F. A. : Quelle est la demande des entreprises en matière de sécurité ?

Benoît Alleaume : Un grand nombre de clients considèrent l’ABS, le double airbag ou le régulateur- limiteur de vitesse comme des fondamentaux au sein de leur car policy. Par ailleurs, des dispositifs de type AFU (aide au freinage d’urgence), aussi bien en VP qu’en VU, ou l’ESP sont des dispositifs complémentaires auxquels de plus en plus de clients flottes sont sensibles. Pour rappel, notre gamme de Fourgons (Trafic et Master) dispose en série de l’ABS et de l’AFU.

De même, un dispositif du type de Carminat (GPS) devient un équipement jugé comme sécuritaire et, à ce titre, apparaît de plus en plus dans les demandes de nos clients flottes. Sur les véhicules particuliers pour les collaborateurs disposant d’un véhicule de fonction, le dispositif Isofix (système d’arrimage pour siège enfant) est particulièrement apprécié.

F. A. : Comment cette demande a-t- elle évoluée au cours des dernières années ?

Benoît Alleaume : Le renforcement de ce type de demande est évident depuis ces dernières années. Dans leur référencement, nos clients valorisent les véhicules qui se voient gratifiés de la note maxi (5 étoiles) aux tests EuroNcap. Avec l’instauration de politiques de développement durable chez nos clients flottes, le volet social intègre le plus souvent l’aspect «sécurité» auquel nous devons répondre en tant que fournisseur au même titre que les volets environnementaux et économiques.

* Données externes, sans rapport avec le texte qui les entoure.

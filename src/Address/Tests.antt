-- ===== src/Address/Tests.antt =====
-- Addresses with a hash function that answers the same for all texts.
use bcos_dispatcher.Base.{ℕ, zero, suc, ◌<◌, ◌≡◌, refl, none, some, [], ◌∷◌, arith, All, length}
use bcos_dispatcher.Base.Text.{Text}
use bcos_dispatcher.Address.{
  checksum, to_checksum_address, preprocess_address, new_evm_address, new_evm_address_salted, lower,
}
use bcos_dispatcher.Address.Cases.{preprocess_address-to_checksum_address}
use bcos_dispatcher.Address.Length.{IsHex, IsByte, new_evm_address-IsHex}

abbrev fill : ℕ → ℕ → Text
fill zero b = []
fill (suc n) b = b ∷ fill n b

length-fill : (n b : ℕ) → length (fill n b) ≡ n
length-fill zero b = refl
length-fill (suc n) b = omega (arith, length-fill n b)

All-fill : (n b : ℕ) → b < 256 → All IsByte (fill n b)
All-fill zero b h = tt
All-fill (suc n) b h = (h, All-fill n b h)

-- The bytes 0xab, and the digits `9ab5...`.
abbrev hash : Text → Text
hash t = fill 32 171

abbrev hash_hex : Text → Text
hash_hex t = 57 ∷ 48 ∷ 98 ∷ 53 ∷ fill 60 53

-- `aBc1` becomes `AbC1`.
checksum_run : to_checksum_address hash_hex (97 ∷ 66 ∷ 99 ∷ 49 ∷ []) ≡ some (65 ∷ 98 ∷ 67 ∷ 49 ∷ [])
unfolding to_checksum_address
checksum_run = refl

past_end : checksum (97 ∷ 98 ∷ []) (57 ∷ []) ≡ none
unfolding checksum
past_end = refl

preprocess_address-to_checksum_address_example :
    preprocess_address (48 ∷ 120 ∷ 65 ∷ 98 ∷ 67 ∷ 49 ∷ []) ≡ some (lower (97 ∷ 66 ∷ 99 ∷ 49 ∷ []))
preprocess_address-to_checksum_address_example =
    preprocess_address-to_checksum_address hash_hex (97 ∷ 66 ∷ 99 ∷ 49 ∷ [])
      (65 ∷ 98 ∷ 67 ∷ 49 ∷ []) checksum_run

abbrev digit : ℕ → Text
digit n = 48 ∷ []

new_evm_address-IsHex_example :
    IsHex 40 (new_evm_address hash hash_hex digit 1 2 3)
    × IsHex 40 (new_evm_address_salted hash hash_hex digit (1 ∷ []) (2 ∷ []) 5)
new_evm_address-IsHex_example =
    new_evm_address-IsHex hash hash_hex (λ t. length-fill 32 171)
      (λ t. All-fill 32 171 (omega arith)) (λ t. omega (arith, length-fill 60 53)) digit digit 1 2 3
      (1 ∷ []) (2 ∷ []) 5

F. A. : Quels sont les dispositifs demandés ? Figurent-ils dans les cahiers des charges ?

Benoît Alleaume : ABS, AFU, régulateur-limiteur de vitesse, airbags ESP (couplés à ASR et contrôle de sous-virage) sont demandés. Ils sont proposés en série ou en option en fonction des gammes et, à ce titre, ils font donc bien partie du cahier des charges.

F. A. : Comment va évoluer la demande des entreprises en la matière ?

Benoît Alleaume : Elle pourrait évoluer vers une demande de formation à la conduite sécuritaire pour limiter au maximum le nombre d’accidents ; une formation axée sur le comportement des collaborateurs au volant. En termes d’équipements, on peut imaginer une généralisation du GPS, mais aussi plus de sécurité passive pour une voiture plus sécurisante et une meilleure protection des personnes.

Les technologies d’aide à la conduite, type contrôle de distance, contrôle de vitesse actif, pourraient être de plus en plus demandées par nos clients flottes.